**** Data for the task ****
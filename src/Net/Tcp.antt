-- ===== src/Net/Tcp.antt =====
-- The goroutines of net/clientConn/client_conn.go on a stream of frames.
use golang_tools.Base.{
  ℕ, ◌≤◌, ◌≡◌, refl, ap, ◌∙◌, List, [], ◌∷◌, ◌++◌, map, flatten, append_assoc, length, All, Option,
  none, some,
}
use golang_tools.Net.{ClientMsg, uncode}
use golang_tools.Net.Frames.{IsSendable, seen, frame, answered, answers, uncode-decode, uncode_less}
use golang_tools.Net.Loops.{Codec, Conn, reset, Reach}
use golang_tools.Net.Loops.Messages.{messages, messages-none, messages-some}
use golang_tools.Net.Loops.Pending.{replies, framed, replies_to}
use golang_tools.Net.Loops.Ends.{Reach-lost_few, IsAtRest}

-- uncode and decode of ClientConn_tcp
abbrev pub tcp : Codec (List ℕ) (List ℕ)
tcp = record { next = uncode; encode = λ m. some (frame m); size = length; size_next = uncode_less }

messages_frames :
    (ms : List ClientMsg) (rest : List ℕ)
    → All IsSendable ms
    → uncode rest ≡ none
    → messages tcp (flatten (map frame ms) ++ rest) ≡ map seen ms
messages_frames [] rest sendable cut = messages-none tcp rest cut
messages_frames (m ∷ ms) rest (fits, sendable) cut =
    let more = flatten (map frame ms) ++ rest in
    messages-some tcp ((frame m ++ flatten (map frame ms)) ++ rest) more (seen m)
      (ap uncode (append_assoc (frame m) (flatten (map frame ms)) rest) ∙ uncode-decode m more fits)
    ∙ ap (◌∷◌ (seen m)) (messages_frames ms rest sendable cut)

module _ {S : Type 0} (call_back : S → ClientMsg → S × Option ClientMsg) where
  framed-answered :
      (o : Option ClientMsg) (ms : List ClientMsg)
      → framed tcp call_back o (map frame ms) ≡ map frame (answered o ms)
  framed-answered none ms = refl
  framed-answered (some r) ms = refl

  replies_to-answers :
      (s : S) (ms : List ClientMsg)
      → replies_to tcp call_back s ms ≡ map frame (answers call_back s ms)
  unfolding replies_to answers
  replies_to-answers s [] = refl
  replies_to-answers s (m ∷ ms) =
      ap (framed tcp call_back (call_back s m).1) (replies_to-answers (call_back s m).0 ms)
      ∙ framed-answered (call_back s m).1 (answers call_back (call_back s m).0 ms)

  -- A stream that holds the frames of messages shorter than 2 ^ 32 bytes, and a rest that is no whole
  -- frame: in every order of the goroutines that has come to rest, unless the other side has reset the
  -- connection, the frames that were sent are those of the session's answers to these messages, with
  -- numbers modulo 2 ^ 32, in their order, but for at most the last two.
  pub tcp_answers :
      (ms : List ClientMsg) (rest : List ℕ) (s : S) (c : Conn (List ℕ) (List ℕ) S)
      → All IsSendable ms
      → uncode rest ≡ none
      → Reach tcp call_back (flatten (map frame ms) ++ rest) s c
      → IsAtRest tcp call_back c
      → ¬ (c.link ≡ reset)
      → (lost : List (List ℕ)) × (replies c.sent ++ lost
          ≡ map frame (answers call_back s (map seen ms)))
        × (length lost ≤ 2)
  tcp_answers ms rest s c sendable cut r at_rest kept =
      let (lost, e, few) =
        Reach-lost_few tcp call_back (flatten (map frame ms) ++ rest) s c r at_rest kept in
      (
        lost,
        e
            ∙ ap (replies_to tcp call_back s) (messages_frames ms rest sendable cut)
            ∙ replies_to-answers s (map seen ms),
        few,
      )
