-- ===== src/Net/Websocket.antt =====
-- net/clientConn/client_conn_http.go: messages as JSON texts on a websocket. JSON, the decimal numbers
-- and the websocket are other packages' work and stand as parameters.
pub mod Answers
use golang_tools.Base.{
  ℕ, zero, suc, ◌<◌, ◌≡◌, arith, ◌==◌, if◌then◌else◌, Bool, true, false, List, [], ◌∷◌, ◌++◌,
  length, Option, none, some,
}
use golang_tools.Base.Int.{ℤ}
use golang_tools.Net.{ClientMsg}
use golang_tools.Net.Loops.{Codec}

-- `msg_id` and `payload`
abbrev pub msg_id_key : List ℕ
msg_id_key = 109 ∷ 115 ∷ 103 ∷ 95 ∷ 105 ∷ 100 ∷ []

abbrev pub payload_key : List ℕ
payload_key = 112 ∷ 97 ∷ 121 ∷ 108 ∷ 111 ∷ 97 ∷ 100 ∷ []

-- What uncode finds wrong.
pub data Defect : Type 0 where
  not_read not_json no_id bad_id no_payload : Defect

pub data Uncoded : Type 0 where
  message : ClientMsg → Uncoded
  defect : Defect → Uncoded

-- The calls that end a connection: Close of the websocket, a close message on it, and
-- DisConnectCallBack of the session.
pub data Call : Type 0 where
  close close_message disconnect : Call

-- `json.Unmarshal` into a map of texts, `strconv.Atoi`, `json.Unmarshal` into a map of any values with the
-- map that is empty, and `json.Marshal` of a number and such a map.
pub record Json (Obj : Type 0) : Type 0 where
  pub unmarshal : List ℕ → Option (List ℕ → Option (List ℕ))
  pub atoi : List ℕ → Option ℤ
  pub unmarshal_object : List ℕ → Option Obj
  pub empty_object : Obj
  pub marshal : ℤ → Obj → Option (List ℕ)

module _ {Obj : Type 0} (json : Json Obj) where
  abbrev pub with_payload : ℤ → Option (List ℕ) → Uncoded
  with_payload tag none = defect no_payload
  with_payload tag (some payload) = message (record { tag = tag; msg = payload })

  abbrev pub with_tag : (List ℕ → Option (List ℕ)) → Option ℤ → Uncoded
  with_tag req none = defect bad_id
  with_tag req (some tag) = with_payload tag (req payload_key)

  abbrev pub with_id : (List ℕ → Option (List ℕ)) → Option (List ℕ) → Uncoded
  with_id req none = defect no_id
  with_id req (some id) = with_tag req (json.atoi id)

  abbrev pub with_request : Option (List ℕ → Option (List ℕ)) → Uncoded
  with_request none = defect not_json
  with_request (some req) = with_id req (req msg_id_key)

  -- The text is what ReadMessage returns, `none` for its error.
  unfoldable pub uncode_http : Option (List ℕ) → Uncoded
  uncode_http none = defect not_read
  uncode_http (some text) = with_request (json.unmarshal text)

  -- What uncode does to the websocket before it returns an error.
  abbrev pub rejects : Defect → List Call
  rejects not_read = close ∷ []
  rejects not_json = close_message ∷ []
  rejects no_id = close_message ∷ []
  rejects bad_id = close_message ∷ []
  rejects no_payload = close_message ∷ []

  abbrev pub marshalled : ℤ → Option Obj → Option (List ℕ)
  marshalled tag none = none
  marshalled tag (some res) = json.marshal tag res

  unfoldable pub decode_http : ℤ → List ℕ → Option (List ℕ)
  decode_http tag msg =
      marshalled tag (if length msg == 0 then some json.empty_object else json.unmarshal_object msg)

  -- SendMsg: the sending queue, and whether there was no error.
  unfoldable pub send_msg_http : ClientMsg → List (List ℕ) → List (List ℕ) × Bool
  send_msg_http res queue = elim (decode_http res.tag res.msg) [
    | none ↦ (queue, false)
    | some buf ↦ (queue ++ (buf ∷ []), true)
  ]

  abbrev pub queued : Uncoded → List ClientMsg × List Call → List ClientMsg × List Call
  queued (message m) (ms, calls) = (m ∷ ms, calls)
  queued (defect e) rest = ([], rejects e ++ (close ∷ disconnect ∷ close ∷ []))

  -- ReadRecvMsg_http on the texts that ReadMessage returns before it fails: what goes into the receiving
  -- queue, and the calls at the end, those of the deferred function last.
  unfoldable pub read_recv_msg_http : List (List ℕ) → List ClientMsg × List Call
  read_recv_msg_http [] = queued (uncode_http none) ([], [])
  read_recv_msg_http (t ∷ ts) = queued (uncode_http (some t)) (read_recv_msg_http ts)

  abbrev pub replied_http : Option (List ℕ) → List (List ℕ) → List (List ℕ)
  replied_http none frames = frames
  replied_http (some buf) frames = buf ∷ frames

  abbrev pub encoded : Option ClientMsg → Option (List ℕ)
  encoded none = none
  encoded (some r) = decode_http r.tag r.msg

  -- DeliverRecvMsg_http: no frame for an error of the session or of decode. The session is taken to return a
  -- message if it returns no error.
  unfoldable pub deliver_recv_msg_http {ℓ} :
      {S : Type ℓ} → (S → ClientMsg → S × Option ClientMsg) → S → List ClientMsg → S × List (List ℕ)
  deliver_recv_msg_http call_back s [] = (s, [])
  deliver_recv_msg_http call_back s (m ∷ ms) =
      let (s', res) = call_back s m in
      let (end, frames) = deliver_recv_msg_http call_back s' ms in
      (end, replied_http (encoded res) frames)

  abbrev pub following : Uncoded → List (List ℕ) → Option (ClientMsg × List (List ℕ))
  following (message m) ts = some (m, ts)
  following (defect e) ts = none

  abbrev pub next_http : List (List ℕ) → Option (ClientMsg × List (List ℕ))
  next_http [] = none
  next_http (t ∷ ts) = following (uncode_http (some t)) ts

  following_rest :
      (u : Uncoded) (ts rest : List (List ℕ)) (m : ClientMsg)
      → following u ts ≡ some (m, rest)
      → ts ≡ rest
  following_rest (message n) ts rest m h = cc
  following_rest (defect e) ts rest m h = absurd (cc)

  pub next_http_less :
      (ts rest : List (List ℕ)) (m : ClientMsg)
      → next_http ts ≡ some (m, rest)
      → length rest < length ts
  next_http_less [] rest m h = absurd (cc)
  next_http_less (t ∷ ts) rest m h =
      let e = following_rest (uncode_http (some t)) ts rest m h in rw (← e) (omega arith)

  -- uncode and decode of ClientConn_http
  abbrev pub http : Codec (List (List ℕ)) (List ℕ)
  http = record {
    next = next_http;
    encode = λ m. decode_http m.tag m.msg;
    size = length;
    size_next = next_http_less;
  }

-- WriteMsg_http: errors of WriteMessage make no difference.
unfoldable pub write_msg_http {ℓ} : {C : Type ℓ} → (C → List ℕ → C × Bool) → C → List (List ℕ) → C
write_msg_http write_message conn [] = conn
write_msg_http write_message conn (m ∷ ms) =
    let (conn', ok) = write_message conn m in write_msg_http write_message conn' ms
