-- ===== src/Net/Websocket/Answers.antt =====
-- What the goroutines of a websocket connection send, and how they end it.
use golang_tools.Base.{ℕ, ◌≤◌, ◌≡◌, refl, ap, ◌∙◌, List, [], ◌∷◌, ◌++◌, length, Option, none, some}
use golang_tools.Net.{ClientMsg}
use golang_tools.Net.Loops.{Conn, reset, Reach}
use golang_tools.Net.Loops.Messages.{messages, messages-none, messages-some}
use golang_tools.Net.Loops.Pending.{replies, coded, framed, replies_to}
use golang_tools.Net.Loops.Ends.{Reach-lost_few, IsAtRest}
use golang_tools.Net.Websocket.{
  Json, Uncoded, message, defect, Defect, Call, close, disconnect, rejects, uncode_http,
  decode_http, queued, encoded, replied_http, read_recv_msg_http, deliver_recv_msg_http, http,
  following,
}

module _ {Obj : Type 0} (json : Json Obj) where
  messages-queued :
      (t : List ℕ) (ts : List (List ℕ)) (u : Uncoded) (calls : List Call)
      → uncode_http json (some t) ≡ u
      → messages (http json) (t ∷ ts) ≡ (queued json u (messages (http json) ts, calls)).0
  messages-queued t ts (message m) calls e =
      messages-some (http json) (t ∷ ts) ts m (ap (λ u. following json u ts) e)
  messages-queued t ts (defect d) calls e =
      messages-none (http json) (t ∷ ts) (ap (λ u. following json u ts) e)

  queued-messages :
      (u : Uncoded) (ms ns : List ClientMsg) (calls : List Call)
      → ms ≡ ns
      → (queued json u (ms, calls)).0 ≡ (queued json u (ns, calls)).0
  queued-messages (message m) ms ns calls e = ap (◌∷◌ m) e
  queued-messages (defect d) ms ns calls e = refl

  messages-read_recv_msg_http :
      (ts : List (List ℕ)) → messages (http json) ts ≡ (read_recv_msg_http json ts).0
  unfolding read_recv_msg_http uncode_http
  messages-read_recv_msg_http [] = messages-none (http json) [] refl
  messages-read_recv_msg_http (t ∷ ts) =
      let rest = read_recv_msg_http json ts in
      messages-queued t ts (uncode_http json (some t)) rest.1 refl
      ∙ queued-messages (uncode_http json (some t)) (messages (http json) ts) rest.0 rest.1
          (messages-read_recv_msg_http ts)

  module _ {S : Type 0} (call_back : S → ClientMsg → S × Option ClientMsg) where
    framed-replied_http :
        (o : Option ClientMsg) (fs gs : List (List ℕ))
        → fs ≡ gs
        → framed (http json) call_back o fs ≡ replied_http json (encoded json o) gs
    framed-replied_http none fs gs e = e
    framed-replied_http (some r) fs gs e = coded-replied_http (decode_http json r.tag r.msg) fs gs e
      where
        coded-replied_http :
            (o : Option (List ℕ)) (xs ys : List (List ℕ))
            → xs ≡ ys
            → coded o xs ≡ replied_http json o ys
        coded-replied_http none xs ys h = h
        coded-replied_http (some f) xs ys h = ap (◌∷◌ f) h

    replies_to-deliver_recv_msg_http :
        (s : S) (ms : List ClientMsg)
        → replies_to (http json) call_back s ms ≡ (deliver_recv_msg_http json call_back s ms).1
    unfolding replies_to deliver_recv_msg_http
    replies_to-deliver_recv_msg_http s [] = refl
    replies_to-deliver_recv_msg_http s (m ∷ ms) =
        framed-replied_http (call_back s m).1 _ _
          (replies_to-deliver_recv_msg_http (call_back s m).0 ms)

    -- For every sequence of texts that come in and every order of the goroutines that has come to rest,
    -- unless the other side has reset the connection: the frames that were sent are those that
    -- DeliverRecvMsg_http makes, one message after the other, of what ReadRecvMsg_http queues, in their
    -- order, but for at most the last two.
    pub http_answers :
        (ts : List (List ℕ)) (s : S) (c : Conn (List (List ℕ)) (List ℕ) S)
        → Reach (http json) call_back ts s c
        → IsAtRest (http json) call_back c
        → ¬ (c.link ≡ reset)
        → (lost : List (List ℕ)) × (replies c.sent ++ lost
            ≡ (deliver_recv_msg_http json call_back s (read_recv_msg_http json ts).0).1)
          × (length lost ≤ 2)
    http_answers ts s c r at_rest kept =
        let (lost, e, few) = Reach-lost_few (http json) call_back ts s c r at_rest kept in
        (
          lost,
          e
              ∙ ap (replies_to (http json) call_back s) (messages-read_recv_msg_http ts)
              ∙ replies_to-deliver_recv_msg_http s (read_recv_msg_http json ts).0,
          few,
        )

  -- How ReadRecvMsg_http ends.
  abbrev pub IsEnd : List Call → Type 0
  IsEnd calls = (d : Defect) × (calls ≡ rejects json d ++ (close ∷ disconnect ∷ close ∷ []))

  IsEnd-queued :
      (u : Uncoded) (rest : List ClientMsg × List Call)
      → IsEnd rest.1
      → IsEnd (queued json u rest).1
  IsEnd-queued (message m) rest h = h
  IsEnd-queued (defect d) rest h = (d, refl)

  -- ReadRecvMsg_http always ends in the same way, whatever comes in: the calls for the defect that it
  -- met, then Close, and from the deferred function DisConnectCallBack, once, and Close again.
  pub IsEnd-read_recv_msg_http : (ts : List (List ℕ)) → IsEnd (read_recv_msg_http json ts).1
  unfolding read_recv_msg_http uncode_http
  IsEnd-read_recv_msg_http [] = (Defect.not_read, refl)
  IsEnd-read_recv_msg_http (t ∷ ts) =
      IsEnd-queued (uncode_http json (some t)) (read_recv_msg_http json ts)
        (IsEnd-read_recv_msg_http ts)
****
### Work to complete
Check each line of the entries for the string "arith". Copy the lines that have it.

### Finished exercise
  ℕ, zero, suc, ◌<◌, ◌≡◌, arith, ◌==◌, if◌then◌else◌, Bool, true, false, List, [], ◌∷◌, ◌++◌,
      let e = following_rest (uncode_http (some t)) ts rest m h in rw (← e) (omega arith)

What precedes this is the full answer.